Le sucre, on l'appelle l'or blanc, tant il est précieux. Dans le Nord et l'Est, il est extrait de la betterave. En 1915, les cultures sont devenues des champs de bataille.
Nombre de fabriques ont été détruites, capturées. La production s'est effondrée. Tout près du front, la Sucrerie de Francières a continué à fonctionner, dirigée par une femme à l'énergie hors-norme. Marguerite Benoît.

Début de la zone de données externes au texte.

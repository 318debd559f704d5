-- ===== src/Examples/Boot.antt =====
-- A start in which everything goes well, and the registration of the metrics.
use cria.Prelude.{
  ◌*◌, String, ◌≡◌, refl, ◌⊎◌, Bool, true, false, ◌||◌, none, some, List, [], ◌∷◌, str_eq,
  if◌then◌else◌,
}
use cria.Table.{assoc_map, find, put, without}
use cria.HashMap
use cria.Text.{trim, trim_start, trim_end, is_whitespace, split, split_once}
use cria.Config.{from_env, sort, insert_sorted}
use cria.Config.Routes.{add_entry, add_entries, parse_model_routes}
use cria.Kafka.Topics.{wait_for_topics, wait_from, available, awaited_topics, used_topics, dedup}
use cria.Tls.{load_server_tls}
use cria.Config.Parse.{
  ok, err, env_or, optional_env, parse_env, parse_uint, parse_bool, parse_addr, digits,
}
use cria.Telemetry.Registration
use cria.Telemetry.Registration.{
  Prometheus, register_all, metric_opts, names_any, none_of, new-once,
}
use cria.Kafka.Producer.{refused, not_encoded}
use cria.Api.Finish.{produce}
use cria.Startup.Clients.{Outside, new_producer, new_consumer, await_topics}
use cria.Startup.Main.{serve_grpc, serve_all, main}
use cria.Startup.Gates.{IsReady, main-outcome}
use cria.System.{Action, submit_starts, submit_ends, cancel_called, started, run}
use cria.System.Published.{IsWithin}
use cria.Startup.Published.{run-published}
use cria.Startup.Routed.{IsGiven, by_submit, produce-routed}
use cria.Examples.Setup.{
  channels, no_channels, broker, config, producer, idle, ambient, asking, abort,
}
use cria.Examples.Service.{job, job_begun}

abbrev is_in : String → List String → Bool
is_in name [] = false
is_in name (other ∷ names) = str_eq other name || is_in name names

instance abbrev registry_of_names : Prometheus
registry_of_names = record {
  Registry = List String;
  is_registered = λ names name. is_in name names;
  register = λ names name help. if is_in name names then none else some (name ∷ names);
  register-free = λ names name help valid free. (name ∷ names, rw free refl, λ other. refl);
  register-taken = λ names name help there. rw there refl;
}

abbrev all_well : Outside
all_well = record {
  env = λ key. none;
  is_addr = λ text. true;
  uuid = "u1";
  fetch = λ round. some (
      "inference_requests.mock" ∷ "inference_requests.tinyllama-1.1b-chat"
      ∷ "inference_token_events" ∷ "inference_control_events" ∷ []);
  elapsed = λ round. round * 1000;
  create = λ settings. ok tt;
  subscribe = λ settings topics. ok tt;
  bind = λ addr. ok tt;
  read = λ path. ok path;
  tls_config = λ t. ok tt;
  serve = λ addr. ok tt;
}

main-outcome_example :
    ((message : String) × (main all_well [] no_channels ≡ ([], err message)))
    ⊎ IsReady all_well [] no_channels (main all_well [] no_channels)
main-outcome_example = main-outcome all_well [] no_channels

producer_made : new_producer all_well config ≡ ok producer
unfolding new_producer
producer_made = refl

produce-routed_example :
    let (g', result) = produce producer idle job in
    ((broker.encode_job job ≡ none) × (g'.sent ≡ idle.sent) × (result ≡ refused not_encoded))
    ⊎ IsGiven config job idle.sent g'.sent result
produce-routed_example =
    produce-routed all_well config producer idle job producer_made
      (by_submit idle (asking "r1" false) ambient 0 job_begun)

main_serves : (main all_well [] no_channels).1 ≡ ok tt
unfolding main from_env parse_model_routes add_entries add_entry trim trim_start trim_end
    is_whitespace split split_once env_or optional_env parse_env parse_uint parse_bool parse_addr
    await_topics wait_for_topics wait_from available awaited_topics sort insert_sorted dedup
    HashMap.empty HashMap.get HashMap.insert HashMap.or_insert find put without new_producer
    new_consumer serve_all serve_grpc load_server_tls Registration.new register_all digits
main_serves = refl

abbrev some_actions : List Action
some_actions =
    submit_starts (asking "r1" false) ambient
    ∷ cancel_called (abort "r1") ambient
    ∷ submit_ends 0
    ∷ []

all_named : available (used_topics config) (some ("events" ∷ "jobs" ∷ "control" ∷ [])) ≡ true
unfolding available HashMap.insert HashMap.empty put without
all_named = refl

run-published_example :
    IsWithin
      ("events" ∷ "jobs" ∷ "control" ∷ [])
      (run config producer (started no_channels) some_actions).gateway.sent
run-published_example =
    run-published all_well config producer no_channels some_actions
      ("events" ∷ "jobs" ∷ "control" ∷ []) producer_made all_named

Marguerite Benoît est une grande bourgeoise. Son mari, Gaston, est directeur de la sucrerie, mais aussi officier d'artillerie. Mobilisé, il est fait prisonnier en septembre 14. Son épouse se retrouve propulsée aux commandes d'un domaine de 900 hectares. Il faut trouver des bras pour assurer la récolte. Les hommes ont été mobilisés. Pendant quatre ans, elle luttera pour les remplacer. Ouvriers, désoeuvrés, prisonniers, soldats aussi, à l'occasion. Une partie de la sucrerie est occupée par les militaires français.

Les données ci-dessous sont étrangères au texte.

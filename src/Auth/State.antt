-- ===== src/Auth/State.antt =====
-- app/auth/state.py: the OAuth state tokens, signed, expiring and redeemed once. A nonce is an
-- argument, and so is each reading of the clock, in microseconds; an expiry is in seconds.
pub mod Once
pub mod Issue
pub mod Bounds
use sre_tab.Common.{
  ltb, leb, eqb, if◌then◌else◌, length, Text, strip, split, text_eq, nat_eq, ◌==◌, exists_row,
  delete_rows, upsert, read_int, ℤ, pos, negsuc, show_number, ℕ, ◌+◌, ◌*◌, ◌/◌, Bool, true, false,
  not, Option, none, some, List, [], ◌∷◌, ◌++◌,
}
use sre_tab.Models.{second}
use sre_tab.Auth.Tokens.{Crypto, compare_secret}

-- `_SEPARATOR`
abbrev pub dot : ℕ
dot = b'.'

-- `_MAX_OUTSTANDING`
abbrev pub max_outstanding : ℕ
max_outstanding = 4096

-- `_outstanding`: the expiry of each nonce, in the order of insertion.
abbrev pub Outstanding : Type 0
Outstanding = List (Text × ℕ)

-- `_sign`
unfoldable pub sign : Crypto → Text → Text → Text
sign crypto payload secret = crypto.hmac secret payload

abbrev pub is_nonce : Text → Text × ℕ → Bool
is_nonce nonce entry = entry.0 == nonce

-- `_purge_locked`
unfoldable pub purge : ℕ → Outstanding → Outstanding
unfolding delete_rows
purge now outstanding = delete_rows (λ entry. leb (entry.1 * second) now) outstanding

-- `min(…, key=…)`: the first entry of the least expiry.
unfoldable pub oldest_from : Text × ℕ → Outstanding → Text × ℕ
oldest_from best [] = best
oldest_from best (entry ∷ outstanding) =
    oldest_from (if ltb entry.1 best.1 then entry else best) outstanding

-- Delete the oldest.
unfoldable pub drop_oldest : Outstanding → Outstanding
unfolding delete_rows oldest_from
drop_oldest [] = []
drop_oldest (entry ∷ outstanding) =
    delete_rows (is_nonce (oldest_from entry outstanding).0) (entry ∷ outstanding)

-- Room for one more nonce.
unfoldable pub make_room : Outstanding → Outstanding
unfolding drop_oldest
make_room outstanding =
    if leb max_outstanding (length outstanding) then drop_oldest outstanding else outstanding

unfoldable pub payload_of : Text → ℕ → Text
unfolding show_number
payload_of nonce expires_at = nonce ++ dot ∷ show_number expires_at

-- `issue`, which reads the clock for the expiry and again to purge: the dictionary and the token.
unfoldable pub issue : Crypto → ℕ → Text → Text → ℕ → ℕ → Outstanding → Outstanding × Text
unfolding purge make_room upsert payload_of sign
issue crypto ttl secret nonce now later outstanding =
    let expires_at : ℕ = now / second + ttl in
    (
      upsert (is_nonce nonce) (nonce, expires_at) (λ entry. (nonce, expires_at))
          (make_room (purge later outstanding)),
      payload_of nonce expires_at ++ dot ∷ sign crypto (payload_of nonce expires_at) secret,
    )

-- `int(raw)`; a negative number, whose time has passed as well, counts as 0.
unfoldable pub read_expiry : Text → Option ℕ
unfolding read_int
read_expiry raw = elim (read_int raw) [
  | none ↦ none
  | some expiry ↦ elim expiry [ pos n ↦ some n | negsuc n ↦ some 0 ]
]

-- `pop(nonce, None) is not None`, after the purge.
unfoldable pub redeem : ℕ → Text → Outstanding → Outstanding × Bool
unfolding purge delete_rows exists_row
redeem now nonce outstanding = (
  delete_rows (is_nonce nonce) (purge now outstanding),
  exists_row (is_nonce nonce) (purge now outstanding),
)

-- `consume` of a token whose expiry has been read.
unfoldable pub redeem_unexpired : ℕ → ℕ → Text → Option ℕ → Outstanding → Outstanding × Bool
unfolding redeem
redeem_unexpired now later nonce none outstanding = (outstanding, false)
redeem_unexpired now later nonce (some expires_at) outstanding =
    if leb (expires_at * second) now then (outstanding, false) else redeem later nonce outstanding

-- `consume` of a token of these parts.
unfoldable pub consume_parts : Crypto → Text → ℕ → ℕ → List Text → Outstanding → Outstanding × Bool
unfolding sign compare_secret read_expiry redeem_unexpired
consume_parts crypto secret now later (nonce ∷ expires_raw ∷ signature ∷ []) outstanding =
    if compare_secret signature (sign crypto (nonce ++ dot ∷ expires_raw) secret)
    then redeem_unexpired now later nonce (read_expiry expires_raw) outstanding
    else (outstanding, false)
consume_parts crypto secret now later _ outstanding = (outstanding, false)

-- `consume`, which reads the clock for the expiry and again to purge: the dictionary, and whether
-- the token was redeemed.
unfoldable pub consume : Crypto → Text → ℕ → ℕ → Text → Outstanding → Outstanding × Bool
unfolding split consume_parts
consume crypto secret now later token outstanding =
    consume_parts crypto secret now later (split dot token) outstanding

-- A call of the store; `reset` empties it.
pub data Call : Type 0 where
  issued : (nonce : Text) → ℕ → ℕ → Call
  consumed : Text → ℕ → ℕ → Call
  was_reset : Call

-- The dictionary after a call.
unfoldable pub after_call : Crypto → ℕ → Text → Call → Outstanding → Outstanding
unfolding issue consume
after_call crypto ttl secret (issued nonce now later) outstanding =
    (issue crypto ttl secret nonce now later outstanding).0
after_call crypto ttl secret (consumed token now later) outstanding =
    (consume crypto secret now later token outstanding).0
after_call crypto ttl secret was_reset outstanding = []

-- The dictionary after calls in the order of the lock.
unfoldable pub after_calls : Crypto → ℕ → Text → List Call → Outstanding → Outstanding
unfolding after_call
after_calls crypto ttl secret [] outstanding = outstanding
after_calls crypto ttl secret (call ∷ calls) outstanding =
    after_calls crypto ttl secret calls (after_call crypto ttl secret call outstanding)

Pour faire tourner l'usine, il faut du matériel, du charbon, des semences. Marguerite Benoît se bat. Les officiers subalternes lui mettent des bâtons dans les roues.Qu'à cela ne tienne. Elle s'impose dans les états-majors parisiens, armée de « laissez-passer », sans cesse modifiés. Les routes sont quadrillées. Elle n'a pas le droit de franchir le passage à niveau voisin. C'est la ligne de front. La boulangère lui passe le pain par-dessus la barrière.
Marguerite Benoît élève ses quatre filles, gère l'école de la sucrerie. Le conseil d'administration se montre à peine reconnaissant. La guerre terminée, elle reprend sa place d'épouse fidèle. Elle dirigera l'usine une dernière fois, en 1951, à 71 ans, après le décès de son mari et de son gendre.